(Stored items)
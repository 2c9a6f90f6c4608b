-- ===== src/Node/Manager.antt =====
-- distributed/cluster_manager.go: what a node knows of the health of the others. The network is a
-- parameter; `now` is the time that a method reads, and `took` the milliseconds that it measures.
use ryan_cache.Prelude.{
  ℕ, suc, ◌/◌, String, String_discrete, Bool, true, false, List, [], ◌∷◌, Option, none, some,
  Result, ok, panic, closed_channel, ite, leb, if◌then◌else◌, length,
}
use ryan_cache.GoMap.{GoMap, lookup, insert, delete}
use ryan_cache.Http.{Http, Response, is_ok, internal_health, internal_join, internal_leave, Route}
use ryan_cache.Http
use ryan_cache.Lru.Defs.{Time}

-- The three texts that a status can be.
pub data Status : Type 0 where
  healthy unhealthy unknown : Status

-- A response time in milliseconds, or -1.
pub data Millis : Type 0 where
  millis : ℕ → Millis
  minus_one : Millis

pub record NodeInfo : Type 0 where
  pub node_id : String
  pub address : String
  pub status : Status
  pub last_seen : Time
  pub response_time : Millis

pub record ClusterManager : Type 0 where
  pub node_id : String
  pub nodes : GoMap String NodeInfo
  pub stopped : Bool

pub record ClusterStatus : Type 0 where
  pub total_nodes : ℕ
  pub healthy_nodes : ℕ
  pub unhealthy_nodes : ℕ
  pub nodes : List NodeInfo
  pub last_update : Time

abbrev pub new_info : Time → String → String → NodeInfo
new_info now id address = record {
  node_id = id;
  address = address;
  status = unknown;
  last_seen = now;
  response_time = millis 0;
}

abbrev pub info_of : String → ClusterManager → Option NodeInfo
info_of id cm = lookup String_discrete id cm.nodes

abbrev pub put_info : String → NodeInfo → ClusterManager → ClusterManager
put_info id info cm = record cm { nodes = insert String_discrete id info cm.nodes }

-- `AddNode`
unfoldable pub add_node : Time → String → String → ClusterManager → ClusterManager
add_node now id address cm = put_info id (new_info now id address) cm

-- `RemoveNode`
unfoldable pub remove_node : String → ClusterManager → ClusterManager
remove_node id cm = record cm { nodes = delete String_discrete id cm.nodes }

-- The loop of `NewClusterManager` over the configured nodes.
unfoldable pub add_nodes : Time → List (String × String) → ClusterManager → ClusterManager
unfolding add_node
add_nodes now [] cm = cm
add_nodes now ((id, address) ∷ entries) cm = add_nodes now entries (add_node now id address cm)

-- `NewClusterManager`
unfoldable pub new_cluster_manager : Time → String → List (String × String) → ClusterManager
unfolding add_nodes
new_cluster_manager now id entries =
    add_nodes now entries record { node_id = id; nodes = []; stopped = false }

abbrev pub is_healthy_status : Status → Bool
is_healthy_status healthy = true
is_healthy_status unhealthy = false
is_healthy_status unknown = false

unfoldable pub count_healthy : GoMap String NodeInfo → ℕ
count_healthy [] = 0
count_healthy ((id, info) ∷ nodes) =
    if is_healthy_status info.status then suc (count_healthy nodes) else count_healthy nodes

-- The other branch of the loop of `GetClusterStatus`.
unfoldable pub count_unhealthy : GoMap String NodeInfo → ℕ
count_unhealthy [] = 0
count_unhealthy ((id, info) ∷ nodes) =
    if is_healthy_status info.status then count_unhealthy nodes else suc (count_unhealthy nodes)

unfoldable pub infos : GoMap String NodeInfo → List NodeInfo
infos [] = []
infos ((id, info) ∷ nodes) = info ∷ infos nodes

-- `GetClusterStatus`
unfoldable pub get_cluster_status : Time → ClusterManager → ClusterStatus
unfolding count_healthy count_unhealthy infos
get_cluster_status now cm = record {
  total_nodes = length cm.nodes;
  healthy_nodes = count_healthy cm.nodes;
  unhealthy_nodes = count_unhealthy cm.nodes;
  nodes = infos cm.nodes;
  last_update = now;
}

-- `GetHealthyNodes`
unfoldable pub get_healthy_nodes : GoMap String NodeInfo → GoMap String NodeInfo
get_healthy_nodes [] = []
get_healthy_nodes ((id, info) ∷ nodes) =
    if is_healthy_status info.status
    then (id, info) ∷ get_healthy_nodes nodes
    else get_healthy_nodes nodes

-- `IsHealthy`
unfoldable pub is_healthy : ClusterManager → Bool
unfolding count_healthy
is_healthy cm = leb (length cm.nodes / 2) (count_healthy cm.nodes)

-- What a round of `performHealthCheck` makes of a node's record.
unfoldable pub after_check : Time → ℕ → Bool → NodeInfo → NodeInfo
after_check now took up info =
    if up
    then record info { status = healthy; last_seen = now; response_time = millis took }
    else record info { status = unhealthy; response_time = minus_one }

-- The nodes that `Leave` collects: those whose own name is another one.
unfoldable pub others : String → List (String × NodeInfo) → List NodeInfo
others self [] = []
others self ((id, info) ∷ nodes) =
    let rest = others self nodes in ite (String_discrete info.node_id self) rest (info ∷ rest)

-- `GetNodes`: a copy of the map.
abbrev pub get_nodes : ClusterManager → GoMap String NodeInfo
get_nodes cm = cm.nodes

-- `Stop`: a second call closes a closed channel.
unfoldable pub stop : ClusterManager → Result ClusterManager
stop cm = if cm.stopped then panic closed_channel else ok (record cm { stopped = true })

module _ {W : Type 0} (http : Http W) where
  -- `checkNodeHealth`
  unfoldable pub check_node_health : String → W → W × Bool
  unfolding is_ok
  check_node_health address w =
      let (w1, reply) =
        http (record { verb = Http.get; address = address; route = internal_health; body = "" })
          w in
      (w1, is_ok reply)

  -- A round, for the node under `id`; `took` is the time that its check takes.
  unfoldable pub check_node : Time → ℕ → String → ClusterManager → W → ClusterManager × W
  unfolding check_node_health after_check
  check_node now took id cm w = elim (info_of id cm) [
    | none ↦ (cm, w)
    | some info ↦
        let other : ClusterManager × W =
          (let (w1, up) = check_node_health info.address w in
            (put_info id (after_check now took up info) cm, w1)) in
        let self : ClusterManager × W =
          (put_info id (record info { status = healthy; last_seen = now }) cm, w) in
        ite (String_discrete id cm.node_id) self other
  ]

  -- `performHealthCheck`, over the nodes in the order in which the loop visits them.
  unfoldable pub perform_health_check :
      Time → (String → ℕ) → List String → ClusterManager → W → ClusterManager × W
  unfolding check_node
  perform_health_check now took [] cm w = (cm, w)
  perform_health_check now took (id ∷ ids) cm w =
      let (cm1, w1) = check_node now (took id) id cm w in perform_health_check now took ids cm1 w1

  -- `notifyNodeJoin` and `notifyNodeLeave`, by their route: a notice whose reply is only logged.
  unfoldable pub notify : Route → String → String → W → W
  notify route body address w =
      (http (record { verb = Http.post; address = address; route = route; body = body }) w).0

  -- The loop of `announceToCluster` over the other nodes.
  unfoldable pub notify_others : String → String → List (String × NodeInfo) → W → W
  unfolding notify
  notify_others body self [] w = w
  notify_others body self ((id, info) ∷ nodes) w =
      let told = notify_others body self nodes (notify internal_join body info.address w) in
      let skipped = notify_others body self nodes w in ite (String_discrete id self) skipped told

  -- `announceToCluster`; `join_body` is the JSON of the node's own name and address.
  unfoldable pub announce_to_cluster :
      (String → String → String) → List (String × NodeInfo) → ClusterManager → W → W
  unfolding notify_others
  announce_to_cluster join_body visited cm w = elim (info_of cm.node_id cm) [
    | none ↦ w
    | some info ↦ notify_others (join_body cm.node_id info.address) cm.node_id visited w
  ]

  -- The loop of `Leave` over the nodes that it collected.
  unfoldable pub notify_all : String → List NodeInfo → W → W
  unfolding notify
  notify_all body [] w = w
  notify_all body (info ∷ nodes) w =
      notify_all body nodes (notify internal_leave body info.address w)

  -- `Leave`; `leave_body` is the JSON of the node's own name.
  unfoldable pub leave : (String → String) → List (String × NodeInfo) → ClusterManager → W → W
  unfolding others notify_all
  leave leave_body visited cm w = notify_all (leave_body cm.node_id) (others cm.node_id visited) w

= What the task asks =
Could you state how many lines of the entries contain the word "false"? Only the number is wanted.

= Answer space =
4